Ali Mohammadi | Bloomberg | Getty Images

Iran is confronting its worst set of crises in years, facing a spiraling economy along with a series of unprecedented geopolitical and military blows to its power in the Middle East.

Over the weekend, Iran’s currency, the rial, hit a record low of 756,000 to the dollar, according to Reuters. Since September, the embattled currency has suffered the ripple effects of devastating hits to Iran’s proxies, including Lebanon’s Hezbollah and Palestinian militant group Hamas, as well as the November election of Donald Trump to the U.S. presidency.

With the fall of Syrian President Bashar al-Assad amid a shock offensive by rebel groups, Tehran lost its most important ally in the Middle East. Assad, who is accused of war crimes against his own people, fled to Russia and left a highly fractured country behind him.

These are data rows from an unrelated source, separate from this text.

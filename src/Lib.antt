-- ===== src/Lib.antt =====
-- Verification library of the agent core: the circuit breaker, the compaction of histories, the
-- protocol that pauses a step for local tools and resumes it, the contract of a task with the gates
-- of its end, the swarm of workers, the choice of the reasoning effort, and the live stream.
--
-- Breaker (src/deep_agent/msty_breaker.py) is the table of connections with its token counter; each
-- function of the file is a function of the same name on it, and Breaker.Events runs any sequence
-- of them, as the lock lets concurrent calls interleave. Times are whole milliseconds; the caller's
-- clock reading is the argument `now`. The `except Exception` clauses have nothing to catch here.
--
-- Compaction (src/deep_agent/msty_compaction.py) works on messages in checkpoint form (Message):
-- the whole tool bundles of a history (Bundles), the archived segments and their validation
-- (Segments), the projection that the model is sent (Projection), the choice of what to summarise
-- (Plan), and committing a summary (Commit). Trigger has the input size that starts it. Text has
-- the texts as code points, with their UTF-8 lengths and the two cuts. A raised
-- ExecutionProtocolError is `none`. Parameters stand for what the file does not implement: the
-- digests (SHA-256 over canonical JSON), the JSON length of a message, the fresh stage id. A field
-- of a type that the code does not look for is `none` or `other` in the model, so the tests on
-- dictionary shapes are the data types. Sorting by start is stable insertion.
--
-- Execution (src/deep_agent/msty_execution.py) is the protocol around a generation. Limits has the
-- identity and the budget binding of a task; Progress has `execution_after`, which counts a step
-- and its calls and leaves the batch that waits, with `finish_reason` of
-- src/deep_agent/msty_models.py; Checks, Walk, Catalog and Resume have `validate_resume`: the
-- guards against a changed input, the loops over the map of ids and over the client's messages, the
-- tools that a gateway staged, and the history that comes out. What a client or a gateway sends is
-- an arbitrary JSON document (Json), with Python's equality on it; what the code itself wrote into
-- the checkpoint (the execution record, its batch, the message list) is typed. An
-- ExecutionProtocolError is a Refusal, one for each message of the source; `type_error` stands for
-- the TypeError or AttributeError of a value of an unexpected shape. Parameters are the digest,
-- taken to succeed, the JSON parser and printer, the test and the choice of a UUID, the canonical
-- form of a message, the check of tool schemas, LangGraph's interrupt, and the update of the task
-- contract, which Task.Observe models.
--
-- Usage (`_checked_openai_usage` of src/deep_agent/msty_models.py) reads the token counts of a
-- provider's report or of the client library, also from an arbitrary JSON document.
--
-- Task (src/deep_agent/msty_task.py) is the contract of a task and the gates of its end. Receipts
-- finds the receipt in a tool's answer, Planning accepts a plan, Verify a verification, Learning the
-- optional learning parts of both; Observe has `observe`, which a batch of results updates the
-- contract by. Conversation has what the gates read of the messages, with `repeated_observation`;
-- OpenPlan the gate of a turn's own plan, Sites that of edited copies of a site, and Final
-- `gate_final`, which asks the gates in their order, `after_result` and `final_status`. The contract
-- is typed, as only this code writes it; receipts, calls and metadata are JSON documents.
-- Host holds the parameters: SHA-256, the JSON parser, the length of a value as JSON, and the two
-- regular expressions on the owner's words. A dictionary is asked for keys only, or its order is
-- that of insertion; `fresh` is the text of a new UUID.
-- The tools of a step are dictionaries, as src/deep_agent/msty.py declares them, and so is the
-- function of each; where the source calls a method on another value of an unexpected type, as
-- `.get` on the function of a tool choice, the model takes the key as missing. A call that a client
-- answers comes back under the client's id, and the gate of a plan counts only calls under the ids
-- that it gave.
--
-- Swarm (src/deep_agent/msty_swarm.py) is the split of a task between workers. Parsing has the plan
-- from the lead's call, Admission the descriptor for the bridge, the bridge's answer and the last
-- check before the run, Worker one call behind its circuit (Breaker), and Report the results in the
-- order of the plan. A SwarmPlanError is `none` or `false`. The digest of a plan, UUID5 and the
-- configured ceiling are parameters, and what becomes of a model call (it cannot be made, raises, is
-- refused, answers, or is cancelled) is the data type Call; LangGraph, which runs the workers, is the
-- order of the results given to `run_report`. Event times are not kept.
--
-- Effort (src/deep_agent/msty_effort.py) has the reasoning level of a turn (`classify`), its fit to
-- an output limit, and, in Steps, the level of a step inside a chain of tools. Words holds its regular
-- expressions.
--
-- Stream (src/deep_agent/msty_stream.py) has the texts of a chunk (Chunks), the relay of the model's
-- reasoning (Relay), and the provisional text with the mark that takes it back (Published). The
-- filter of secrets is a parameter, and so is which event of the relay the writer refuses.
--
-- All loops are structural recursions on lists; `_decode` counts its nine levels, as the source
-- counts its depth up to 8, the number of a part of a swarm has at most three digits, as a setting
-- allows at most 100 parts, and the loop that lowers an effort makes as many steps as there are levels
-- below. Nothing else runs on fuel.
--
-- Not modelled: the model adapter, the lead graphs and LangGraph's checkpoints, sub-agents, the tool
-- routing and evidence tables of regular expressions, and the operator scripts under tools/.
pub mod Base
pub mod Text
pub mod Json
pub mod Message
pub mod Breaker
pub mod Execution
pub mod Usage
pub mod Task
pub mod Swarm
pub mod Effort
pub mod Stream
pub mod Compaction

“The fall of Assad has existential implications for the Islamic Republic,” Behnam ben Taleblu, a senior fellow at the Foundation for Defense of Democracies in Washington, told CNBC. “Lest we forget, the regime ahs spent well over a decade in treasure, blood, and reputation to save a regime which ultimately folded in less than two weeks.”

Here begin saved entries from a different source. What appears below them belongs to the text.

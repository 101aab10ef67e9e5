-- ===== src/Base/Distinct.antt =====
-- Lists of different texts, and the number of their elements.
use Prim.Native.Nat.{suc, ◌≤◌}
use Prim.Native.String.{String}
use mathlib.Core.Path.{◌≡◌, refl, sym, ap, ◌∙◌}
use mathlib.Core.Logic.{inl, inr}
use mathlib.Core.Bool.{Bool, true, false, not, ◌&&◌, ◌||◌}
use mathlib.Core.List.{List, [], ◌∷◌, ◌++◌}
use native.Mathlib.Omega.{arith}
use text.Mathlib.Text.{◌==◌ as str_eq}
use text.Mathlib.TextEquality.{eq_iff}
use sanare_agent_core.Base.Tests.{Bool-cases, if◌then◌else◌}
use sanare_agent_core.Base.Lists.{length}

unfoldable pub contains : String → List String → Bool
contains x [] = false
contains x (y ∷ ys) = str_eq x y || contains x ys

-- set(xs) <= set(ys)
unfoldable pub all_in : List String → List String → Bool
all_in [] ys = true
all_in (x ∷ xs) ys = contains x ys && all_in xs ys

unfoldable pub distinct : List String → Bool
distinct [] = true
distinct (x ∷ xs) = not (contains x xs) && distinct xs

without : String → List String → List String
without x [] = []
without x (y ∷ ys) = if str_eq x y then ys else y ∷ without x ys

str_eq_refl : (x : String) → str_eq x x ≡ true
str_eq_refl x = (eq_iff x x).1 refl

length-without :
    (x : String) (ys : List String) → contains x ys ≡ true → length ys ≡ suc (length (without x ys))
unfolding contains without
length-without x [] h = cc
length-without x (y ∷ ys) h = elim (Bool-cases (str_eq x y)) [
  | inl same ↦ rw same refl
  | inr other ↦ rw other (ap suc (length-without x ys (rw other at h)))
]

contains-without :
    (z x : String) (ys : List String)
    → contains z ys ≡ true
    → str_eq z x ≡ false
    → contains z (without x ys) ≡ true
unfolding contains without
contains-without z x [] h apart = cc
contains-without z x (y ∷ ys) h apart = elim (Bool-cases (str_eq x y)) [
  | inl same ↦ let e : x ≡ y = (eq_iff x y).0 same in rw same (rw (sym e, apart) at h)
  | inr other ↦ elim (Bool-cases (str_eq z y)) [
    | inl found ↦ rw (other, found) refl
    | inr later ↦ rw (other, later) (contains-without z x ys (rw later at h) apart)
  ]
]

all_in-without :
    (x : String) (xs ys : List String)
    → contains x xs ≡ false
    → all_in xs ys ≡ true
    → all_in xs (without x ys) ≡ true
unfolding contains all_in
all_in-without x [] ys absent h = refl
all_in-without x (z ∷ zs) ys absent h =
    let apart : str_eq z x ≡ false = elim (Bool-cases (str_eq z x)) [
      | inl same ↦ let e : z ≡ x = (eq_iff z x).0 same in cc (rw (e, str_eq_refl x) at absent)
      | inr other ↦ other
    ] in
    let first : contains z ys ≡ true = ground arith in
    let rest : all_in zs ys ≡ true = ground arith in
    let later : contains x zs ≡ false = ground arith in
    rw (contains-without z x ys first apart) (all_in-without x zs ys later rest)

-- Different texts that all occur in a list are at most as many as its elements.
pub distinct-le :
    (xs ys : List String) → distinct xs ≡ true → all_in xs ys ≡ true → length xs ≤ length ys
unfolding distinct all_in
distinct-le [] ys d h = omega arith
distinct-le (x ∷ xs) ys d h =
    let absent : contains x xs ≡ false = ground arith in
    let apart : distinct xs ≡ true = ground arith in
    let first : contains x ys ≡ true = ground arith in
    let rest : all_in xs ys ≡ true = ground arith in
    omega (
      arith,
      length-without x ys first,
      distinct-le xs (without x ys) apart (all_in-without x xs ys absent rest),
    )

pub contains-append :
    (x : String) (xs ys : List String) → contains x (xs ++ ys) ≡ (contains x xs || contains x ys)
unfolding contains
contains-append x [] ys = refl
contains-append x (y ∷ xs) ys = elim (Bool-cases (str_eq x y)) [
  | inl same ↦ rw same refl
  | inr other ↦ rw other (contains-append x xs ys)
]

pub distinct-snoc :
    (xs : List String) (x : String)
    → distinct xs ≡ true
    → contains x xs ≡ false
    → distinct (xs ++ x ∷ []) ≡ true
unfolding distinct contains
distinct-snoc [] x d absent = refl
distinct-snoc (y ∷ ys) x d absent =
    let fresh : contains y ys ≡ false = ground arith in
    let apart : distinct ys ≡ true = ground arith in
    let later : contains x ys ≡ false = ground arith in
    let other : str_eq x y ≡ false = ground arith in
    let turned : str_eq y x ≡ false = elim (Bool-cases (str_eq y x)) [
      | inl same ↦ let e : y ≡ x = (eq_iff y x).0 same in cc (rw (e, str_eq_refl x) at other)
      | inr different ↦ different
    ] in
    rw (contains-append y ys (x ∷ []), fresh, turned) (distinct-snoc ys x apart later)

pub all_in-contains :
    (xs ys : List String) (x : String)
    → all_in xs ys ≡ true
    → contains x xs ≡ true
    → contains x ys ≡ true
unfolding contains all_in
all_in-contains [] ys x all h = cc
all_in-contains (z ∷ zs) ys x all h = elim (Bool-cases (str_eq x z)) [
  | inl same ↦
      let e : x ≡ z = (eq_iff x z).0 same in
      let found : contains z ys ≡ true = ground arith in ap (λ y. contains y ys) e ∙ found
  | inr other ↦ all_in-contains zs ys x (ground arith) (rw other at h)
]

pub contains-all_in :
    (xs ys : List String)
    → ((x : String) → contains x xs ≡ true → contains x ys ≡ true)
    → all_in xs ys ≡ true
unfolding contains all_in
contains-all_in [] ys h = refl
contains-all_in (z ∷ zs) ys h =
    rw (h z (rw (str_eq_refl z) refl))
      (contains-all_in zs ys (λ x found. h x (rw found (ground arith))))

The currency’s fall exposes the extent of the hardship faced by ordinary Iranians, who struggle to afford everyday goods and suffer high inflation and unemployment after years of heavy Western sanctions compounded by domestic corruption and economic mismanagement.

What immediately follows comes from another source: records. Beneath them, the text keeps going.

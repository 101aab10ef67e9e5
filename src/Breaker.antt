-- ===== src/Breaker.antt =====
-- The circuit breaker on remote model calls (src/deep_agent/msty_breaker.py): one record per
-- connection, the table of them with the token counter, and each function as a state change.
-- Times are whole milliseconds of the monotonic clock, read by the caller and passed in as `now`.
-- The lock makes each function one atomic step; its `except` clauses catch nothing here.
pub mod Events
pub mod Invariant
pub mod Probe
pub mod Release
pub mod Streak
mod Examples
use sanare_agent_core.Base.{
  ℕ, ◌+◌, ◌-◌, String, Bool, not, ◌&&◌, Option, none, some, [], ltb, leb, ◌==◌, if◌then◌else◌,
}
use sanare_agent_core.Base.Dict
use sanare_agent_core.Base.Dict.{Dict}

abbrev pub failure_threshold : ℕ
failure_threshold = 3

abbrev pub cooldown : ℕ
cooldown = 60_000

abbrev pub probe_limit : ℕ
probe_limit = 150_000

-- A key that the Python dict lacks reads as 0: `probe_until` by the default of `get`, and
-- `probe_token` because it is only compared with tokens that are not 0.
pub record Connection : Type 0 where
  pub failures : ℕ
  pub open_until : ℕ
  pub probe_until : ℕ
  pub probe_token : ℕ

pub record Breaker : Type 0 where
  pub token_seq : ℕ
  pub connections : Dict Connection

abbrev pub reset : Breaker → Breaker
reset b = record b { connections = [] }

pub remaining : ℕ → Connection → Option ℕ
remaining now c =
    if ltb now c.open_until
    then some (c.open_until - now)
    else if ltb now c.probe_until
    then some (c.probe_until - now)
    else none

pub open_remaining_of : ℕ → Option Connection → Option ℕ
open_remaining_of now none = none
open_remaining_of now (some c) = remaining now c

pub open_remaining : ℕ → String → Breaker → Option ℕ
unfolding remaining open_remaining_of
open_remaining now connection b = open_remaining_of now (Dict.get connection b.connections)

-- The connection as the half-open circuit leaves it, under the token of its one probe.
abbrev pub probing : ℕ → ℕ → Connection
probing now token = record {
  failures = failure_threshold - 1;
  open_until = 0;
  probe_until = now + probe_limit;
  probe_token = token;
}

unfoldable pub admit_half_open : ℕ → String → Breaker → (Option ℕ × ℕ) × Breaker
admit_half_open now connection b =
    let token = b.token_seq + 1 in
    (
      (none, token),
      record {
        token_seq = token;
        connections = Dict.put connection (probing now token) b.connections;
      },
    )

unfoldable pub admit_of : ℕ → String → Breaker → Option Connection → (Option ℕ × ℕ) × Breaker
admit_of now connection b none = ((none, 0), b)
admit_of now connection b (some c) =
    if ltb now c.open_until
    then ((some (c.open_until - now), 0), b)
    else if ltb now c.probe_until
    then ((some (c.probe_until - now), 0), b)
    else if not (c.open_until == 0)
    then admit_half_open now connection b
    else ((none, 0), b)

unfoldable pub admit : ℕ → String → Breaker → (Option ℕ × ℕ) × Breaker
unfolding admit_of admit_half_open
admit now connection b = admit_of now connection b (Dict.get connection b.connections)

unfoldable pub record_success : String → Breaker → Breaker
record_success connection b = record b { connections = Dict.remove connection b.connections }

-- `setdefault`: what a connection without an entry starts from.
pub or_fresh : Option Connection → Connection
or_fresh none = record { failures = 0; open_until = 0; probe_until = 0; probe_token = 0 }
or_fresh (some c) = c

pub opens : Connection → Bool
opens c = leb failure_threshold (c.failures + 1) && c.open_until == 0

pub failed : ℕ → Connection → Connection
unfolding opens
failed now c = record c {
  failures = c.failures + 1;
  probe_until = 0;
  open_until = if opens c then now + cooldown else c.open_until;
}

-- The result says that the circuit has just opened.
unfoldable pub record_transient_failure : ℕ → String → Breaker → Bool × Breaker
unfolding or_fresh opens failed
record_transient_failure now connection b =
    let c = or_fresh (Dict.get connection b.connections) in
    (opens c, record b { connections = Dict.put connection (failed now c) b.connections })

unfoldable pub release_of : String → ℕ → Breaker → Option Connection → Breaker
release_of connection token b none = b
release_of connection token b (some c) =
    if not (token == 0) && c.probe_token == token
    then record b {
      connections =
          Dict.put connection (record c { probe_until = 0; probe_token = 0 }) b.connections;
    }
    else b

unfoldable pub release_probe : String → ℕ → Breaker → Breaker
unfolding release_of
release_probe connection token b = release_of connection token b (Dict.get connection b.connections)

Trump has pledged to take a hard line on Iran and will be re-entering the White House roughly six years after unilaterally pulling the U.S. out of the Iranian nuclear deal and re-imposing sweeping sanctions on the country.

Iranian President Masoud Pezeshkian has expressed his government’s willingness to negotiate and revive the deal, officially known as the Joint Comprehensive Plan of Action, which lifted some sanctions on Iran in exchange for curbs to its nuclear program. But the attempted outreach comes at a time when the International Atomic Energy Agency says Tehran is enriching uranium at record levels, reaching 60% purity — a short technical step from the weapons-grade purity level of 90%.